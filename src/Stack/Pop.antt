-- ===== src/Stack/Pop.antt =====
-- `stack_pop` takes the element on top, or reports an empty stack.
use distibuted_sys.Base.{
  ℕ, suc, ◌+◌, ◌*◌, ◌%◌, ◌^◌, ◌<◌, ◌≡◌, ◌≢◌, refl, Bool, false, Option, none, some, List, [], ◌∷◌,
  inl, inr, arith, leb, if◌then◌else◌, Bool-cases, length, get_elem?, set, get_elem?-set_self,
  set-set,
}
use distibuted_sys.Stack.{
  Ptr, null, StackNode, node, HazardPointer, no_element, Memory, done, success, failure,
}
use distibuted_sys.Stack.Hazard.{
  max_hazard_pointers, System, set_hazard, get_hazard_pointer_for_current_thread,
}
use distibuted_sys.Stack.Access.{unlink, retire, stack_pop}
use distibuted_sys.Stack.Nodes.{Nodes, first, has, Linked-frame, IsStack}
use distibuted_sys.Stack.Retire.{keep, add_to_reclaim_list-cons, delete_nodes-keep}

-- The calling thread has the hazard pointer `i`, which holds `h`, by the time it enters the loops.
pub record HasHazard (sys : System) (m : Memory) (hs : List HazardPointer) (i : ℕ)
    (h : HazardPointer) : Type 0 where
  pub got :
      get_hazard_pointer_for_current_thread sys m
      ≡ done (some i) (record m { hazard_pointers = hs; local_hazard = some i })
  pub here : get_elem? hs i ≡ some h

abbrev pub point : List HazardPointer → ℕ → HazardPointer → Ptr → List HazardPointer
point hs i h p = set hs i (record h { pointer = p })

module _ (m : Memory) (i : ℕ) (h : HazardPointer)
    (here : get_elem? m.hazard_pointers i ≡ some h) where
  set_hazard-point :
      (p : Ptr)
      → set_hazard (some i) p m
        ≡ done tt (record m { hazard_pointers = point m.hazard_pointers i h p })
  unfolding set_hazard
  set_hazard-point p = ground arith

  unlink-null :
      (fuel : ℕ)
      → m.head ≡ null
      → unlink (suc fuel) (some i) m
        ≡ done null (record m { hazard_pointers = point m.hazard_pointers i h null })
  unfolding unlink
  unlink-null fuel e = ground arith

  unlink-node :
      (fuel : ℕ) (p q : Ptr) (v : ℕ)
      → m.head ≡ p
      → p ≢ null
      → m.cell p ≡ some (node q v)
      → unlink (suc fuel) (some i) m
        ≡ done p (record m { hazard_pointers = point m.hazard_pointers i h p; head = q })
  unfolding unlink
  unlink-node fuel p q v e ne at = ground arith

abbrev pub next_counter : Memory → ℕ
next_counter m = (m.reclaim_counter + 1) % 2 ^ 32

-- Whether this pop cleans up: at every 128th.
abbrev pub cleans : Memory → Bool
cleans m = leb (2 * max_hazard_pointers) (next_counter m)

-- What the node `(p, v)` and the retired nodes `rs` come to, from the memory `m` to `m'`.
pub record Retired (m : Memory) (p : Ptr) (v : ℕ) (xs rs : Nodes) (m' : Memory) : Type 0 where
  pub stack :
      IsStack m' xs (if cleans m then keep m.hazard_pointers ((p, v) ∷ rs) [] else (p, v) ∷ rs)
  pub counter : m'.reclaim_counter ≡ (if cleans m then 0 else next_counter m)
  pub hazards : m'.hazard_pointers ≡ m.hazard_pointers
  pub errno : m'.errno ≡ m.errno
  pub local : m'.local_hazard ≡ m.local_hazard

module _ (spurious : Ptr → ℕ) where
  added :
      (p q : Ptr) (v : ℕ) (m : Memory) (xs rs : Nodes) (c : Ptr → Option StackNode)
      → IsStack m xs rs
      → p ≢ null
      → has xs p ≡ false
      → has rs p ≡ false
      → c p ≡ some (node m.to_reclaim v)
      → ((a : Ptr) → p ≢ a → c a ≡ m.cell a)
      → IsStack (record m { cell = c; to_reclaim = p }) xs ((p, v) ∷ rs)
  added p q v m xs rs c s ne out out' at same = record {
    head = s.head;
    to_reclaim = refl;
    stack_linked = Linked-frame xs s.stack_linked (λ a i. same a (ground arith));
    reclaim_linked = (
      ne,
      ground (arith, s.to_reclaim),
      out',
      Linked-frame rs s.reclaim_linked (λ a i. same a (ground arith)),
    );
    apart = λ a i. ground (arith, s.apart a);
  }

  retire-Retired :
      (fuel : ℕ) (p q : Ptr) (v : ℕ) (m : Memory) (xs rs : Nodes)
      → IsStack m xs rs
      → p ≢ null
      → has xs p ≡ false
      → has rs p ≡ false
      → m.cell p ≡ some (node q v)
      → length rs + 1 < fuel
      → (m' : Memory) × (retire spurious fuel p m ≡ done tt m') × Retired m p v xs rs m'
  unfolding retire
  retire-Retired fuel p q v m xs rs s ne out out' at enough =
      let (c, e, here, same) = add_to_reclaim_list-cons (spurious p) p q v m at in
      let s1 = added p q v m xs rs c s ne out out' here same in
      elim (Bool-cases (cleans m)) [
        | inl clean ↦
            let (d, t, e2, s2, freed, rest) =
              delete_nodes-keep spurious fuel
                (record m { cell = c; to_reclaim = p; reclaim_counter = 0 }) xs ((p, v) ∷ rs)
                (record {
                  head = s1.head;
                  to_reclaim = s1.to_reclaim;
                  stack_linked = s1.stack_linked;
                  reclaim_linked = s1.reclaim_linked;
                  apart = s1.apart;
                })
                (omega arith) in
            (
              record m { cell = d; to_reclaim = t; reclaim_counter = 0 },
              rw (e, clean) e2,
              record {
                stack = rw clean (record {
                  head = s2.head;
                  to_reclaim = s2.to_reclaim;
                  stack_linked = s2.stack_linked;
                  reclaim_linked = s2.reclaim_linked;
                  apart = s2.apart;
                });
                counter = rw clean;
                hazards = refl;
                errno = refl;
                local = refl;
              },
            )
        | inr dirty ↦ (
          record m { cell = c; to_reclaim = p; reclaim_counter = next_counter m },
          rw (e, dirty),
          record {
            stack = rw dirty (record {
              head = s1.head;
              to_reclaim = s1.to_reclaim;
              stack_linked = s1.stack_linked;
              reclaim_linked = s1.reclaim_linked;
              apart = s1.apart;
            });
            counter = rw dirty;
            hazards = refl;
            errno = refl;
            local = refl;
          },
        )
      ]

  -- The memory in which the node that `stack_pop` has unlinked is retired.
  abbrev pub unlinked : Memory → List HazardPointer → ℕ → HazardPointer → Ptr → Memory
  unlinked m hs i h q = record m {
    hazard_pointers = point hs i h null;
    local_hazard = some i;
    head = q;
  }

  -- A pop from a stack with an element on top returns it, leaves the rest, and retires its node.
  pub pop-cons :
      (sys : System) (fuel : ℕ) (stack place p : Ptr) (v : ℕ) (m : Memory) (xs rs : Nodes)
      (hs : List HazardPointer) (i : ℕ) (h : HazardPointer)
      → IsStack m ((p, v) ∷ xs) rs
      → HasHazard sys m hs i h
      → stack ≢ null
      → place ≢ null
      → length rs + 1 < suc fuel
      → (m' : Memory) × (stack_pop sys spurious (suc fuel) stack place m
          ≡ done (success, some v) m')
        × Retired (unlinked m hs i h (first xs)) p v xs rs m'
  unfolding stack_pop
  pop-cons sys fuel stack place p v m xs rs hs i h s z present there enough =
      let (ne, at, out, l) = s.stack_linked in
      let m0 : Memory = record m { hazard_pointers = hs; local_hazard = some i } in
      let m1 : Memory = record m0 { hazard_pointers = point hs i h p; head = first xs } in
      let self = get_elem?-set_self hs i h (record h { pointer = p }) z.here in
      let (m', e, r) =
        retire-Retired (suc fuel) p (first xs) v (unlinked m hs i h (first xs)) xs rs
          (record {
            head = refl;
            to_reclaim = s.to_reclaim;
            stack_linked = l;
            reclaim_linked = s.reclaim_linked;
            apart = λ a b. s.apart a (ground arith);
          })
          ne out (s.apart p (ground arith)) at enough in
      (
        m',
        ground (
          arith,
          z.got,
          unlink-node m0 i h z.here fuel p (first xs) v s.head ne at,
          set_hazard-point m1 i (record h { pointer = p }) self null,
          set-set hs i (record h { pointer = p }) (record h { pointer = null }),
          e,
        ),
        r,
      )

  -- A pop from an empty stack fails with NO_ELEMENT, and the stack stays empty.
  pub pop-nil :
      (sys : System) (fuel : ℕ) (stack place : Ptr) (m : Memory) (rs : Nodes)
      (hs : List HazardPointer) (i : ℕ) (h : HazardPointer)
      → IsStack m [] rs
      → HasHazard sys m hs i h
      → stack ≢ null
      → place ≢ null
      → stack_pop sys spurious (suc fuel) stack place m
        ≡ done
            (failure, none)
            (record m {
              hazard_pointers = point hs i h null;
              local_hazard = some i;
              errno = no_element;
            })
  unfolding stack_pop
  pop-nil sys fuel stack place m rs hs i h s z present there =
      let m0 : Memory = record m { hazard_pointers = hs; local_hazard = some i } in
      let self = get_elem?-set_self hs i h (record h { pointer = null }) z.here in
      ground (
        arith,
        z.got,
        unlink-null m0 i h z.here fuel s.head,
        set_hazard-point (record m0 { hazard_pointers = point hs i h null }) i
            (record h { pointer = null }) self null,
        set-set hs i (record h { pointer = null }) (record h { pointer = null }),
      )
____________________
(YOUR ASSIGNMENT):
Show every line from the listing above in which the string "present" appears.

(SOLUTION TO THIS EXERCISE):
  pop-cons sys fuel stack place p v m xs rs hs i h s z present there enough =
  pop-nil sys fuel stack place m rs hs i h s z present there =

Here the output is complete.